Ugo, 4th generation VR that ONEV paid Philips for. Remember, ONEV is still obligated to pay Philips a license FEE for their speech technology. ONEV's tech in not of their OWN doing. ONEV's 200k in quarterly sales doesn't last very long after paying Philips, La Jolla settlement and Dean's revenue sharing/salary. Geez, no wonder why we're trading near ZERO a share.

PHILIPS
--------

March 2000 the Company entered into a Software License Agreement ("License
Agreement") with Philips Speech Processing, a division of Philips Electronics
North America ("Philips"). Pursuant to the License Agreement, the Company
received a world-wide, limited, nonexclusive license to certain speech
recognition software owned by Philips. The initial term of the License Agreement
was three (3) years, and the License Agreement included an extended term
provision under which the License Agreement was automatically renewable for
successive one (1) year periods, unless terminated by either party upon a
minimum of sixty (60) days written notice prior to the expiration of the initial
term or any extended term.

The License Agreement provides for the Company to pay a specified commission on
revenues from products incorporating licensed software, and includes minimum
royalty payment obligations over the initial three (3) year term of the License
Agreement in the aggregate amount of $1,100,000.

The License Agreement has been amended as follows:

The first amendment to the License Agreement was entered into during March 2002.

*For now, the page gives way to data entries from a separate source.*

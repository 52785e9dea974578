-- ===== src/Data/History/Paging.antt =====
-- The end of the paging loop, and what a fetch returns.

use binance_testnet_trading.Base.{
  All, All-append, All-keep, Bool-cases, List, Option, Option-cases, Result, String, [], ap, arith,
  inl, inr, last?, length, ltb, ltb→lt, ok, raise, refl, some, suc, sym, zero, ℕ, ◌++◌, ◌+◌, ◌-◌,
  ◌<◌, ◌∷◌, ◌≡◌, ◌≤◌, ◌⊎◌,
}
use binance_testnet_trading.Data.{Candle, DataError, interval_to_ms, interval_to_ms_pos}
use binance_testnet_trading.Data.Ingestion.{KlineRequest}
use binance_testnet_trading.Data.Boundary.{below_exclusive_end, exclusive_upper_bound_for_request}
use binance_testnet_trading.Data.History.{
  HistoricalFetchResult, PageAnswer, fetch_page_with_retries, lift_data, out_of_fuel, page,
}
use binance_testnet_trading.Data.History.Dictionary.{All_kept}
use binance_testnet_trading.Data.History.Range.{
  confirm_deduped, fetch_historical_range, page_loop, reference_of,
}
use binance_testnet_trading.Data.History.Recovery.{
  IsBelow, PageAnswer-cases, Yields, assert_no_candle_at_or_after_passes, confirm_gaps-IsConfirmed,
  continue-Yields, dedup_by_open_time-IsBelow, pure-Yields,
}
use binance_testnet_trading.Data.Gaps.{SegmentationResult, partition_into_segments}

pub All_last :
    {A : Type 0} (P : A → Type 0) (xs : List A) {x : A} → All P xs → last? xs ≡ some x → P x
All_last P [] h e = absurd (ground arith)
All_last P (x ∷ []) {x = y} h e = let same : x ≡ y = ground arith in rw (sym same) h.0
All_last P (x ∷ z ∷ xs) h e = All_last P (z ∷ xs) h.1 e

-- Of a page that is asked for from a time on, every candle opens at that time or later: what the
-- exchange documents of `startTime`.
pub record StartsPages {D : Type 0} (get_klines : List KlineRequest → KlineRequest → PageAnswer D)
    : Type 0 where
  pub starts :
      (sent : List KlineRequest) (request : KlineRequest) (start : ℕ) (candles : List (Candle D))
      → request.start_time_ms ≡ some start
      → get_klines sent request ≡ page candles
      → All (λ c. start ≤ c.open_time_ms) candles

module _ {D : Type 0} (get_klines : List KlineRequest → KlineRequest → PageAnswer D)
    (get_server_time_ms : Result DataError ℕ) (symbol interval : String)
    (documented : StartsPages get_klines) (end_time_ms : ℕ) where
  abbrev pub IsBetween : ℕ → List (Candle D) → Type 0
  IsBetween start candles = All (λ c. start ≤ c.open_time_ms) candles × IsBelow end_time_ms candles

  fetch_page_with_retries-IsBetween :
      (start page_limit left : ℕ) (sent : List KlineRequest)
      → Yields (IsBetween start) (
          fetch_page_with_retries get_klines symbol interval start end_time_ms page_limit left sent)
  unfolding fetch_page_with_retries below_exclusive_end
  fetch_page_with_retries-IsBetween start page_limit zero sent = record {
    holds = λ a e. absurd (ground arith);
    ends = λ e. ground (arith, e);
  }
  fetch_page_with_retries-IsBetween start page_limit (suc left) sent =
      let request : KlineRequest = record {
        symbol = symbol;
        interval = interval;
        start_time_ms = some start;
        end_time_ms = some (exclusive_upper_bound_for_request end_time_ms);
        limit = page_limit;
      } in
      elim (PageAnswer-cases (get_klines sent request)) [
        | inl (candles, paged) ↦
            let from = documented.starts sent request start candles refl paged in
            rw paged (
              pure-Yields (IsBetween start) _ (request ∷ sent) (
                All_kept (λ c. ltb c.open_time_ms end_time_ms) (λ c. start ≤ c.open_time_ms) candles
                    from,
                All-keep (λ c. ltb c.open_time_ms end_time_ms) (λ c. c.open_time_ms < end_time_ms)
                    (λ c h. ltb→lt c.open_time_ms end_time_ms h) candles,
              ))
        | inr failed ↦
            rw failed (fetch_page_with_retries-IsBetween start page_limit left (request ∷ sent))
      ]

  page_loop-IsBelow :
      (fuel step_ms page_limit max_retries cursor : ℕ) (all_candles : List (Candle D))
      (sent : List KlineRequest)
      → 0 < step_ms
      → end_time_ms - cursor < fuel
      → IsBelow end_time_ms all_candles
      → Yields (IsBelow end_time_ms) (
          page_loop get_klines get_server_time_ms symbol interval fuel step_ms end_time_ms
            page_limit max_retries cursor all_candles sent)
  unfolding page_loop
  page_loop-IsBelow zero step_ms page_limit max_retries cursor all_candles sent s m h =
      absurd (omega (arith, m))
  page_loop-IsBelow (suc fuel) step_ms page_limit max_retries cursor all_candles sent s m h =
      elim (Bool-cases (ltb cursor end_time_ms)) [
        | inr over ↦ rw (over, page_loop) (pure-Yields _ all_candles sent h)
        | inl inside ↦
            let left = ltb→lt cursor end_time_ms inside in
            rw (inside, page_loop)
              (continue-Yields (IsBetween cursor) (IsBelow end_time_ms)
                (fetch_page_with_retries-IsBetween cursor page_limit max_retries sent)
                (λ found after between.
                  let more = all_candles ++ found in
                  let grown = All-append _ all_candles found h between.1 in
                  elim (Option-cases (last? found)) [
                    | inl nothing ↦ rw nothing (pure-Yields _ all_candles after h)
                    | inr (last, ends) ↦ elim (Bool-cases (ltb (length found) page_limit)) [
                      | inl short ↦ rw (ends, short) (pure-Yields _ more after grown)
                      | inr full ↦
                          let at_least : cursor ≤ last.open_time_ms =
                            All_last (λ c. cursor ≤ c.open_time_ms) found between.0 ends in
                          rw (ends, full)
                            (page_loop-IsBelow fuel step_ms page_limit max_retries
                              (last.open_time_ms + step_ms) more after s
                              (omega (arith, at_least, s, m, left)) grown)
                    ]
                  ]))
      ]

  -- What a fetch returns.
  pub record IsFetched (result : HistoricalFetchResult D) : Type 0 where
    pub below : IsBelow end_time_ms result.candles
    pub confirmed :
        ((result.candles ≡ []) × (result.confirmed_gaps ≡ []))
        ⊎ ((segmentation : SegmentationResult D) × (partition_into_segments result.candles interval
              ≡ ok segmentation)
            × (result.confirmed_gaps ≡ segmentation.gaps))

  confirm_deduped-IsFetched :
      (max_retries : ℕ) (candles : List (Candle D)) (sent : List KlineRequest)
      → IsBelow end_time_ms candles
      → Yields IsFetched (
          confirm_deduped get_klines get_server_time_ms symbol interval end_time_ms max_retries
            candles sent)
  unfolding confirm_deduped
  confirm_deduped-IsFetched max_retries [] sent h =
      pure-Yields IsFetched _ sent (record { below = tt; confirmed = inl (refl, refl) })
  confirm_deduped-IsFetched max_retries (c ∷ cs) sent h =
      continue-Yields _ IsFetched
        (confirm_gaps-IsConfirmed get_klines symbol interval end_time_ms max_retries (c ∷ cs) sent
          h)
        (λ result after confirmed.
          rw (assert_no_candle_at_or_after_passes end_time_ms result.candles confirmed.0) (
            pure-Yields IsFetched result after
              (record { below = confirmed.0; confirmed = inr confirmed.1 })))

  looked_up :
      {A : Type 0} (r : Result DataError A) (sent : List KlineRequest)
      → Yields (λ a. r ≡ ok a) (lift_data r, sent)
  unfolding lift_data
  looked_up (ok a) sent = pure-Yields _ a sent refl
  looked_up (raise e) sent = record {
    holds = λ a h. absurd (ground (arith, h));
    ends = λ h. ground (arith, h);
  }

  fetch_historical_range-IsFetched :
      (start_time_ms max_retries page_limit : ℕ) (reference_time_ms : Option ℕ)
      (sent : List KlineRequest)
      → Yields IsFetched (
          fetch_historical_range get_klines get_server_time_ms symbol interval start_time_ms
            end_time_ms max_retries page_limit reference_time_ms sent)
  unfolding fetch_historical_range below_exclusive_end
  fetch_historical_range-IsFetched start_time_ms max_retries page_limit reference_time_ms sent =
      continue-Yields _ IsFetched
        (looked_up (reference_of get_klines get_server_time_ms symbol interval reference_time_ms)
          sent)
        (λ reference at_reference known.
          continue-Yields _ IsFetched (looked_up (interval_to_ms interval) at_reference)
            (λ step_ms at_step table.
              continue-Yields (IsBelow end_time_ms) IsFetched
                (page_loop-IsBelow (suc (end_time_ms - start_time_ms)) step_ms page_limit
                  max_retries start_time_ms [] at_step (interval_to_ms_pos interval table)
                  (omega arith) tt)
                (λ all_candles after below. confirm_deduped-IsFetched max_retries _ after (
                  dedup_by_open_time-IsBelow end_time_ms _
                    (All_kept _ _ _ (All_kept _ _ _ below))))))

  -- Where a page that is asked for from a time on holds no earlier candle, as the exchange documents:
  -- the paging loop of every fetch ends within one round for each millisecond of the range and one more,
  -- whatever the exchange answers, how many candles a page has, and how often a request fails.
  pub fetch_historical_range_ends :
      (start_time_ms max_retries page_limit : ℕ) (reference_time_ms : Option ℕ)
      (sent : List KlineRequest)
      → ¬ (
          (fetch_historical_range get_klines get_server_time_ms symbol interval start_time_ms
            end_time_ms max_retries page_limit reference_time_ms sent).0
          ≡ raise out_of_fuel)
  fetch_historical_range_ends start_time_ms max_retries page_limit reference_time_ms sent =
      (fetch_historical_range-IsFetched start_time_ms max_retries page_limit reference_time_ms
        sent).ends

  -- Under the same condition: every candle that a fetch returns opens before the end, and the gaps it
  -- reports are those that splitting the returned candles finds, or there are no candles and no gaps.
  pub fetch_historical_range_returns :
      (start_time_ms max_retries page_limit : ℕ) (reference_time_ms : Option ℕ)
      (sent : List KlineRequest) {result : HistoricalFetchResult D} {after : List KlineRequest}
      → fetch_historical_range get_klines get_server_time_ms symbol interval start_time_ms
          end_time_ms max_retries page_limit reference_time_ms sent
        ≡ (ok result, after)
      → IsFetched result
  fetch_historical_range_returns start_time_ms max_retries page_limit reference_time_ms sent
        {result = result} e =
      (fetch_historical_range-IsFetched start_time_ms max_retries page_limit reference_time_ms
          sent).holds
        result (ap (λ r. r.0) e)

o The initial term of the License Agreement was extended for two
(2) years.

o The aggregate minimum royalty payment was increased from
$1,100,000 to $1,500,000.

The amendment also included a revised payment schedule of the minimum royalty
payment obligation due that provided for semi-annual payments of $250,000 (due
on June 30th and December 31st of each year). In lieu of scheduled payments, in
May, 2003, based on a verbal agreement with the Company and Philips, the Company
began making monthly payments of $15,000, of which $10,000 is being applied
against the remaining minimum royalty payment due and $5,000 is being applied as
interest.

The second amendment to the License Agreement was entered into on February 1,
2007.

The following payment terms are as follows:

The 2006 past due amounts owed by the Company of $70,000 were allocated as
follows:

o The Company paid $20,000 on February 23, 2007 to Philips.

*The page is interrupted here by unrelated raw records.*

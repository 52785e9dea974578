-- ===== src/Data/Forensics/Outcomes.antt =====
-- The fetches of data/gap_recovery.py, and what the outcome of an hour says.
use mathlib.Core.Path.{subst}
use binance_testnet_trading.Base.{
  All, All-append, Bool-cases, In, List, Option, Option-cases, Result, String, [], ap, arith, false,
  inl, inr, keep, last?, leb, length, ltb, ltb→lt, map, none, ok, refl, some, suc, true, zero, ℕ,
  ◌++◌, ◌+◌, ◌-◌, ◌<◌, ◌∷◌, ◌≡◌, ◌≤◌,
}
use binance_testnet_trading.Data.Forensics.{
  GapForensicResult, MissingHourOutcome, RecoveryOutcome, fully_recoverable, genuine_no_data,
  hours_from, missing_hours_for_gap, one_hour_ms, partially_recoverable, unresolved,
}
use binance_testnet_trading.Numbers.{Decimals, Floats}
use binance_testnet_trading.Data.History.{HistoryError, PageAnswer, page}
use binance_testnet_trading.Data.Forensics.Analysis.{
  Audit, Run, fetch_1m_range, fetch_klines_with_bounded_retries, kline_page_limit,
}
use binance_testnet_trading.Data.Ingestion.{KlineRequest}
use binance_testnet_trading.Data.{Candle, minute}
use binance_testnet_trading.Base.Exec.{continue}
use binance_testnet_trading.Research.Cutoff.{research_cutoff_ms}
use binance_testnet_trading.Data.History.Dictionary.{All_kept}
use binance_testnet_trading.Data.History.Paging.{All_last, StartsPages}
use binance_testnet_trading.Data.Gaps.{GapRecord}
use binance_testnet_trading.Data.Boundary.{below_exclusive_end, exclusive_upper_bound_for_request}
use binance_testnet_trading.Data.Forensics.Minutes.{IsHourOf}
use binance_testnet_trading.Data.History.Recovery.{PageAnswer-cases}

-- The run comes to its end with a value for which `P` holds.
pub record Returns {A : Type 0} (P : A → Type 0) (run : Result HistoryError A × Audit)
    : Type 0 where
  pub value : A
  pub returned : run.0 ≡ ok value
  pub holds : P value

pub pure-Returns : {A : Type 0} (P : A → Type 0) (a : A) (s : Audit) → P a → Returns P (ok a, s)
pure-Returns P a s p = record { value = a; returned = refl; holds = p }

pub continue-Returns :
    {A B : Type 0} {P : A → Type 0} (Q : B → Type 0) {run : Result HistoryError A × Audit}
    {k : A → Run B}
    → Returns P run
    → ((a : A) (s : Audit) → P a → Returns Q (k a s))
    → Returns Q (continue run.0 k run.1)
continue-Returns Q {run = run} h next = rw h.returned (next h.value run.1 h.holds)

pub All_of_In : {A : Type 0} (P : A → Type 0) (xs : List A) → ((a : A) → In a xs → P a) → All P xs
All_of_In P [] h = tt
All_of_In P (x ∷ xs) h = (h x (inl refl), All_of_In P xs (λ a m. h a (inr m)))

-- The hours before the cutoff come first.
hours_after : (cut first n : ℕ) → cut ≤ first → keep (λ h. ltb h cut) (hours_from first n) ≡ []
hours_after cut first zero h = refl
hours_after cut first (suc n) h =
    let rest = hours_after cut (first + one_hour_ms) n (omega (arith, h)) in ground (arith, h, rest)

all_hours_after :
    (cut first n : ℕ)
    → cut ≤ first
    → keep (λ h. leb cut h) (hours_from first n) ≡ hours_from first n
all_hours_after cut first zero h = refl
all_hours_after cut first (suc n) h =
    let rest = all_hours_after cut (first + one_hour_ms) n (omega (arith, h)) in
    let kept : leb cut first ≡ true = ground (arith, h) in rw kept (ap (λ hs. first ∷ hs) rest)

pub hours_split :
    (cut first n : ℕ)
    → keep (λ h. ltb h cut) (hours_from first n) ++ keep (λ h. leb cut h) (hours_from first n)
      ≡ hours_from first n
hours_split cut first zero = refl
hours_split cut first (suc n) = elim (Bool-cases (ltb first cut)) [
  | inl before ↦
      let after : leb cut first ≡ false = ground (arith, before) in
      rw (before, after) (ap (λ hs. first ∷ hs) (hours_split cut (first + one_hour_ms) n))
  | inr after ↦
      let from : cut ≤ first = ground (arith, after) in
      rw (hours_after cut first (suc n) from) (all_hours_after cut first (suc n) from)
]

module _ {D F : Type 0} ⦃num : Decimals D⦄ ⦃fl : Floats D F⦄
    (get_klines : List KlineRequest → KlineRequest → PageAnswer D)
    (now_fn : List KlineRequest → ℕ → F) (content_hash : Candle D → String) (symbol : String) where
  -- The exchange gave the candle, in answer to a request for the symbol's candles of an interval.
  abbrev pub IsAnswered : String → Candle D → Type 0
  IsAnswered interval c =
      (sent : List KlineRequest) × (request : KlineRequest) × (candles : List (Candle D))
      × (get_klines sent request ≡ page candles)
      × (request.symbol ≡ symbol)
      × (request.interval ≡ interval)
      × In c candles

  abbrev pub IsPage : String → ℕ → Option (List (Candle D)) → Type 0
  IsPage interval start none = Unit
  IsPage interval start (some candles) =
      All (λ c. start ≤ c.open_time_ms) candles × All (IsAnswered interval) candles

  -- What an outcome says of its hour.
  abbrev pub Holds : RecoveryOutcome → ℕ → ℕ → Option (Candle D) → Type 0
  Holds fully_recoverable hour count (some candle) =
      (hour < research_cutoff_ms)
      × (count ≡ 60)
      × ((c : Candle D) × (cs : List (Candle D)) × IsHourOf symbol hour c cs candle
          × All (IsAnswered "1m") (c ∷ cs))
  Holds fully_recoverable hour count none = ⊥
  Holds partially_recoverable hour count none = (0 < count) × (count < 60)
  Holds partially_recoverable hour count (some candle) = ⊥
  Holds genuine_no_data hour count none = count ≡ 0
  Holds genuine_no_data hour count (some candle) = ⊥
  Holds unresolved hour count none = Unit
  Holds unresolved hour count (some candle) = ⊥

  abbrev pub IsSound : MissingHourOutcome D → Type 0
  IsSound o = Holds o.outcome o.open_time_ms o.found_1m_candle_count o.reconstructed_candle

  -- The result has an outcome for each missing hour, in order, and each is sound.
  abbrev pub IsSoundResult : GapRecord → GapForensicResult D → Type 0
  IsSoundResult gap result =
      (result.gap ≡ gap)
      × (map (λ o. o.open_time_ms) result.missing_hours ≡ missing_hours_for_gap gap)
      × All IsSound result.missing_hours

  module _ (documented : StartsPages get_klines) where
    pub fetch_klines-Returns :
        (interval : String) (start_ms end_ms limit left : ℕ) (s : Audit)
        → Returns (IsPage interval start_ms) (
            fetch_klines_with_bounded_retries get_klines now_fn content_hash symbol interval
              start_ms end_ms limit left s)
    unfolding fetch_klines_with_bounded_retries below_exclusive_end
    fetch_klines-Returns interval start_ms end_ms limit zero s =
        pure-Returns (IsPage interval start_ms) none s tt
    fetch_klines-Returns interval start_ms end_ms limit (suc left) s =
        let request : KlineRequest = record {
          symbol = symbol;
          interval = interval;
          start_time_ms = some start_ms;
          end_time_ms = some (exclusive_upper_bound_for_request end_ms);
          limit = limit;
        } in
        elim (PageAnswer-cases (get_klines s.sent request)) [
          | inl (candles, paged) ↦
              let from = documented.starts s.sent request start_ms candles refl paged in
              let given =
                All_of_In (IsAnswered interval) candles
                  (λ c m. (s.sent, request, candles, paged, refl, refl, m)) in
              rw paged (
                pure-Returns (IsPage interval start_ms)
                  (some (keep (λ c. ltb c.open_time_ms end_ms) candles)) _
                  (All_kept _ _ candles from, All_kept _ _ candles given))
          | inr failed ↦ rw failed (
              fetch_klines-Returns interval start_ms end_ms limit left
                (record s { sent = request ∷ s.sent }))
        ]

    pub fetch_1m_range-Returns :
        (fuel end_ms max_retries : ℕ) (deadline : F) (cursor : ℕ) (all_candles : List (Candle D))
        (s : Audit)
        → end_ms - cursor < fuel
        → All (IsAnswered "1m") all_candles
        → Returns
            (λ r. All (IsAnswered "1m") r.0)
            (fetch_1m_range get_klines now_fn content_hash symbol fuel end_ms max_retries deadline
              cursor all_candles s)
    unfolding fetch_1m_range
    fetch_1m_range-Returns zero end_ms max_retries deadline cursor all_candles s m h =
        absurd (omega (arith, m))
    fetch_1m_range-Returns (suc fuel) end_ms max_retries deadline cursor all_candles s m h =
        elim (Bool-cases (ltb cursor end_ms)) [
          | inr over ↦ rw (over, fetch_1m_range) (pure-Returns _ _ s h)
          | inl inside ↦ elim (Bool-cases (fl.at_most deadline (now_fn s.sent s.readings))) [
            | inl late ↦ rw (inside, late, fetch_1m_range) (pure-Returns _ _ _ h)
            | inr early ↦
                rw (inside, early, fetch_1m_range)
                  (continue-Returns _
                    (fetch_klines-Returns "1m" cursor end_ms kline_page_limit max_retries
                      (record s { readings = suc s.readings }))
                    (λ answer after paged. elim (Option-cases answer) [
                      | inl nothing ↦ rw nothing (pure-Returns _ _ after h)
                      | inr (found, given) ↦
                          let held = subst (IsPage "1m" cursor) given paged in
                          let grown = All-append _ all_candles found h held.1 in
                          elim (Option-cases (last? found)) [
                            | inl empty ↦ rw (given, empty) (pure-Returns _ _ after h)
                            | inr (last, ends) ↦
                                let at_least : cursor ≤ last.open_time_ms =
                                  All_last (λ c. cursor ≤ c.open_time_ms) found held.0 ends in
                                elim (Bool-cases (ltb (length found) kline_page_limit)) [
                                  | inl short ↦
                                      rw (given, ends, short) (pure-Returns _ _ after grown)
                                  | inr full ↦
                                      rw (given, ends, full)
                                        (fetch_1m_range-Returns fuel end_ms max_retries deadline
                                          (last.open_time_ms + minute) (all_candles ++ found) after
                                          (omega (arith, at_least, m, ltb→lt cursor end_ms inside))
                                          grown)
                                ]
                          ]
                    ]))
          ]
        ]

o The remaining balance of $50,000 is to be paid in the form of
a non-interest bearing note payable to Philips Speech
Processing.

o During the period of January 1, 2007 thru March 31, 2008 the
following payments will be allocated as follows: $6,000 is to
be paid monthly by the Company to Philips Speech Processing.
The monthly remaining balance of $11,500 due to Philips Speech
Processing is to be paid by the Company in the form of a
non-interest bearing note payable to Philips Speech
Processing.

As of March 31, 2008 the note payable balance due Philips Speech Processing was
$1,152,500.


La Jolla Settlement
-------------------


Settlement Agreement and Mutual Release with La Jolla Cove Investors, Inc.
("LJCI") pursuant to which we agreed with LJCI to forever settle, resolve and
dispose of all claims, demands and causes of action asserted, existing or
claimed to exist between the parties because of or in any way related to a legal
proceeding in the San Diego County Superior Court (the "Court") entitled La
Jolla Cove Investors, Inc. vs. One Voice Technologies, Inc., Case No. GIC850038
(the "Action"). LJCI received a judgment in its favor against the Company in
connection with the Action whereby the Company owes LJCI an amount equal to
$408,594.48 (the "Owed Amount"). Under the Settlement Agreement, the parties
reached a final resolution with respect to such Owed Amount whereby (i) LJCI
shall receive $200,000 within 15 days of the date of the Agreement and (ii) the
difference between the Owed Amount and $200,000 shall be payable at a later date
(the "Remaining Owed Amount"). The payment of the Remaining amount owed of
$208,594 shall be made to LJCI in the following manner:

o Concurrently with the execution of the Agreement, the Company shall
transfer to an independent escrow agent, on behalf of LJCI, all
right, title and interest to 30,000,000 shares of Common Stock of
the Company (the "Escrow Shares"), issued in 30 increments of
1,000,000 shares. On the one year anniversary of the Agreement,
1,000,000 Escrow Shares shall be released to LJCI whereby LJCI shall
be able to sell such shares in open market transactions provided
such sales do not exceed more than 14% of the corresponding daily
volume of such shares on the trading market on which the Company's
securities are sold. LJCI shall continue to receive the Escrow
Shares, provided they satisfy the volume limitation set forth above
and LJCI's ownership of the Company's common stock does not exceed
4.99% of the Company's then issued and outstanding shares of common
stock, until the Remaining Owed Amount is satisfied;

o Upon notice from LJCI that the Remaining Owed Amount has been
satisfied by the sale of the Escrow Shares either (i) Alpha Capital
Ansalt ("Alpha") shall have the ability within 15 business days to
purchase any remaining Escrow Shares at a 20% discount to the
current market price of the shares or (ii) if Alpha does not
exercise its right to purchase the shares, the Company shall have
the ability to redeem the remaining Escrow Shares within 5 business
days.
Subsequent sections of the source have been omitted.